**Data listing**
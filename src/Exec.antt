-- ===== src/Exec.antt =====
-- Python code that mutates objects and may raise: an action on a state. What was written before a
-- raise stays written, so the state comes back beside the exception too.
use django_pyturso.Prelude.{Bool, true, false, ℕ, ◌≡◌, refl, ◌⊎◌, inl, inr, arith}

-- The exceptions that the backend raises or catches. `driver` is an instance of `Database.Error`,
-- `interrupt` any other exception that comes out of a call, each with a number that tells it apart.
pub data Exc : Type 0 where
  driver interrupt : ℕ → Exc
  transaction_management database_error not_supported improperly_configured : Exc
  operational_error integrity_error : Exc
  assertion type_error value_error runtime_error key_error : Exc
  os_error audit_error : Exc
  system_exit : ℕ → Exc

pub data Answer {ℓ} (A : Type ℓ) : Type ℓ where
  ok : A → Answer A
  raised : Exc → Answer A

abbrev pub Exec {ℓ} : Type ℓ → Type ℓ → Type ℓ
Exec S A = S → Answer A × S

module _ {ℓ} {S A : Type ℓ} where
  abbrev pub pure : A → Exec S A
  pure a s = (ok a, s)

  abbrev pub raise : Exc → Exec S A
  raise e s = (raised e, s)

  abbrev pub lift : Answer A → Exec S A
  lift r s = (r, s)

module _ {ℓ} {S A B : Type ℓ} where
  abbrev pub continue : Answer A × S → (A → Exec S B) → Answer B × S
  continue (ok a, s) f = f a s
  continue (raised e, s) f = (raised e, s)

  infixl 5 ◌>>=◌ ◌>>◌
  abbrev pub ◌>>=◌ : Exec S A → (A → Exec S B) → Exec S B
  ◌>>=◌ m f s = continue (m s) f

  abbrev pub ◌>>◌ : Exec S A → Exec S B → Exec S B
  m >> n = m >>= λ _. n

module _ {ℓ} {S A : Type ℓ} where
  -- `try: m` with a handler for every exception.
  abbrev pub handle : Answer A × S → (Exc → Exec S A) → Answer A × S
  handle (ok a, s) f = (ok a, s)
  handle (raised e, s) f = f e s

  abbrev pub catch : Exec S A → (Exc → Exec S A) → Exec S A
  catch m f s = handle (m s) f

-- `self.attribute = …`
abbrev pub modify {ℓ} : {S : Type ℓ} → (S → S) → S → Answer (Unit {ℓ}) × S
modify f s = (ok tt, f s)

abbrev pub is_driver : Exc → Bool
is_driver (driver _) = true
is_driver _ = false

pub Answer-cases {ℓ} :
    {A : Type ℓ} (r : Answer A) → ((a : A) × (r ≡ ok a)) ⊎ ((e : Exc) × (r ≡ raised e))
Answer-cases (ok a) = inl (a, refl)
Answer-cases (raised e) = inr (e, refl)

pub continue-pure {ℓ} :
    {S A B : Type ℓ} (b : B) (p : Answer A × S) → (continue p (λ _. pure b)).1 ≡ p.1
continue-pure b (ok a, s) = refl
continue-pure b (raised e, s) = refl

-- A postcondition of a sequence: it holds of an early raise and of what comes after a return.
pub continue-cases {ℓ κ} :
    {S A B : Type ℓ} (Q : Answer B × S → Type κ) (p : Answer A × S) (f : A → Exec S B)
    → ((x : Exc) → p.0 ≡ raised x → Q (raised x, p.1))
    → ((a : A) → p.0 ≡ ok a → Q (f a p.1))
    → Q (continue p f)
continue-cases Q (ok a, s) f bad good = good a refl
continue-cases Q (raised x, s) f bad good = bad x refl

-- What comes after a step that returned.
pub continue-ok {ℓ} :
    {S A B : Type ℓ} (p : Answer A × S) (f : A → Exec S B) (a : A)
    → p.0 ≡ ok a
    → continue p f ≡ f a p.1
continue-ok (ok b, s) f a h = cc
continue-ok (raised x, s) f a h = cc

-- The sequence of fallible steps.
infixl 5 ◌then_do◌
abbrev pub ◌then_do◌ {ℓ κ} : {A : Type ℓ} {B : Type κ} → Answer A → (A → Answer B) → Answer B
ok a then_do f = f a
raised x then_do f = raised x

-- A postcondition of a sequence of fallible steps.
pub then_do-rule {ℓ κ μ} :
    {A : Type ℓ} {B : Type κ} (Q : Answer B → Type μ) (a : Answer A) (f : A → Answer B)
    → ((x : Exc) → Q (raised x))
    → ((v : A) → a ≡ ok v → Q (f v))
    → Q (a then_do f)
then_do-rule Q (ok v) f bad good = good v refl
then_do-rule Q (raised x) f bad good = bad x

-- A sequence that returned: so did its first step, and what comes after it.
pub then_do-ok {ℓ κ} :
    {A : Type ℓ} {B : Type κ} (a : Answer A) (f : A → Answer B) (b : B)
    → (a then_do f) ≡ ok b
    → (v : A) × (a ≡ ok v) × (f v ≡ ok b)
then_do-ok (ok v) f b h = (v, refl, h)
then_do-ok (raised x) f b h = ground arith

* * *

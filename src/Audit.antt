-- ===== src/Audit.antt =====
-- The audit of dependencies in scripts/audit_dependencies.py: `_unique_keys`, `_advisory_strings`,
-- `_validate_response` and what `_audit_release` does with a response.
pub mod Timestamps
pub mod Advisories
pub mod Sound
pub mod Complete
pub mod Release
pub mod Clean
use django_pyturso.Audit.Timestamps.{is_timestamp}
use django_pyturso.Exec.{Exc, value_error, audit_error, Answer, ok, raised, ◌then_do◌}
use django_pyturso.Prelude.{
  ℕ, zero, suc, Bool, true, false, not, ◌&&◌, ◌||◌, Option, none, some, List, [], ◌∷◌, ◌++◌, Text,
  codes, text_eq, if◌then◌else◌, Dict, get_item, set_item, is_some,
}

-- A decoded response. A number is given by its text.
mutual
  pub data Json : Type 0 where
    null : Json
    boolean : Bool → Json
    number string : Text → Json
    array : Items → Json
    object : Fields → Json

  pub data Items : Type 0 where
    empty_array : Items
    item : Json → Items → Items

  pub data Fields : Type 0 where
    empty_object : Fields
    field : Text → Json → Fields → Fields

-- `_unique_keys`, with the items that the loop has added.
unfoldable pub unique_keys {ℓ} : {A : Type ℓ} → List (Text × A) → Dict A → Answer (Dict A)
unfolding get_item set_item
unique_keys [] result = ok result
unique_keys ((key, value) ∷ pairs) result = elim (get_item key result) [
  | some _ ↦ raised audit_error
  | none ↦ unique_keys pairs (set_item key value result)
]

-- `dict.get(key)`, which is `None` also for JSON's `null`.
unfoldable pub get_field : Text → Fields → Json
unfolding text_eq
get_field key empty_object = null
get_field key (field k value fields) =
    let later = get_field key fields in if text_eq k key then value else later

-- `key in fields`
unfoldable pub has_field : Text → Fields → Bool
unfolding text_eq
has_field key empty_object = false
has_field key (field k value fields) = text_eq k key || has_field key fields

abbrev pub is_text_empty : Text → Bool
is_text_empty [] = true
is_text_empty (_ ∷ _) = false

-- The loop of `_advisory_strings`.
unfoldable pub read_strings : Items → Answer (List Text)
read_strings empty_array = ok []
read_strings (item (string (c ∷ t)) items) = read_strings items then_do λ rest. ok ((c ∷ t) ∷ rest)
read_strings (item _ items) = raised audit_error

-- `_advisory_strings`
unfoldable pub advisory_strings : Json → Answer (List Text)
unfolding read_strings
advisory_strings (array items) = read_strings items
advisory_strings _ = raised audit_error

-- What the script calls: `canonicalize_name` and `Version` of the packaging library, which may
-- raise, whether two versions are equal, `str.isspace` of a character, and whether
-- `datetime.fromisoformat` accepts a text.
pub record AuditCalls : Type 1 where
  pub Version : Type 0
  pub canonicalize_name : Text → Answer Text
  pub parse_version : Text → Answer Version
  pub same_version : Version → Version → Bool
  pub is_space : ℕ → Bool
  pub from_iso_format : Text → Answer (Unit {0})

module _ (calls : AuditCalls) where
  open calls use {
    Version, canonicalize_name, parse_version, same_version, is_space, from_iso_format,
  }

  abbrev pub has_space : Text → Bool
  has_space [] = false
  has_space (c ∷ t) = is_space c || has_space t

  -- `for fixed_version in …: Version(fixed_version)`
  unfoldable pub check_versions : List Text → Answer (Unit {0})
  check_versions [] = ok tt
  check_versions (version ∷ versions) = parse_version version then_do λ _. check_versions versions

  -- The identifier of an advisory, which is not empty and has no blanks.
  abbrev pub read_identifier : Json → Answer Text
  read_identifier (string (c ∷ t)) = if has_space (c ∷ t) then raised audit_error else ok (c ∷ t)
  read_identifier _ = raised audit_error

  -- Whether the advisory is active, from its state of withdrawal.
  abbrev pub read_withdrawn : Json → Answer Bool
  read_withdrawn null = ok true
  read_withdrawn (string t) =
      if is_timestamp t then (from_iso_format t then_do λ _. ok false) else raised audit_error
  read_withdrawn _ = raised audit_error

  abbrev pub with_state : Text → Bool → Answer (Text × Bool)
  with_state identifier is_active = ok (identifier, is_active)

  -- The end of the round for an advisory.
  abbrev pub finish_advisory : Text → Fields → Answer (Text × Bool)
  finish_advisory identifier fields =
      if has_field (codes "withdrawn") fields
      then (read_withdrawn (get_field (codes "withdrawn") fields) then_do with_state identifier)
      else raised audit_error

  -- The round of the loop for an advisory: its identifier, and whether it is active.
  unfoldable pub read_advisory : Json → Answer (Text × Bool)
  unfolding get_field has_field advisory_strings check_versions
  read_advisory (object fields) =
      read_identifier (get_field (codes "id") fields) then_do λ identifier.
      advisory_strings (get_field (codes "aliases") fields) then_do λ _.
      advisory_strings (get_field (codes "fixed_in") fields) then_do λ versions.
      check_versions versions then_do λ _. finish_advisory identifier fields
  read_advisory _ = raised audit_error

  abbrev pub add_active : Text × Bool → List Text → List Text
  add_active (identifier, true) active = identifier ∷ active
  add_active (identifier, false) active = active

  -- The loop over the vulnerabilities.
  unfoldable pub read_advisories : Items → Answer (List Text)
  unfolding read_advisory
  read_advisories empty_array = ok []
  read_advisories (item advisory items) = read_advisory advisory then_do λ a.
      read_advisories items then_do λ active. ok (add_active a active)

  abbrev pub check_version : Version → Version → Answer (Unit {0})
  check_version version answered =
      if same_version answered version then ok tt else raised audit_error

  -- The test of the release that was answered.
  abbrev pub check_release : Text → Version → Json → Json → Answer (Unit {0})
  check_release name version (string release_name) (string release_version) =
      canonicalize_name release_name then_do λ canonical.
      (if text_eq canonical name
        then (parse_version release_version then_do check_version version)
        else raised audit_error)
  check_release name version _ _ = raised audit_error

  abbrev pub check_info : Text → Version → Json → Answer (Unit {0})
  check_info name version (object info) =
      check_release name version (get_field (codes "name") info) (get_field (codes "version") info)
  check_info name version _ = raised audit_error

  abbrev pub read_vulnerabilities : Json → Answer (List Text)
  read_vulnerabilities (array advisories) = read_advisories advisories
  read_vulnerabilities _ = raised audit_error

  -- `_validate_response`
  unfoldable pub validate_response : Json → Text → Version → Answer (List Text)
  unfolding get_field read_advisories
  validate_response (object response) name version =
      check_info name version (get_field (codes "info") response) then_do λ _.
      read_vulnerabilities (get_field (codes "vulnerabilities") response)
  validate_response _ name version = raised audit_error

**To do**
Copy every line that includes the string "postcondition" from the material above.

**Result**
-- A postcondition of a sequence: it holds of an early raise and of what comes after a return.
-- A postcondition of a sequence of fallible steps.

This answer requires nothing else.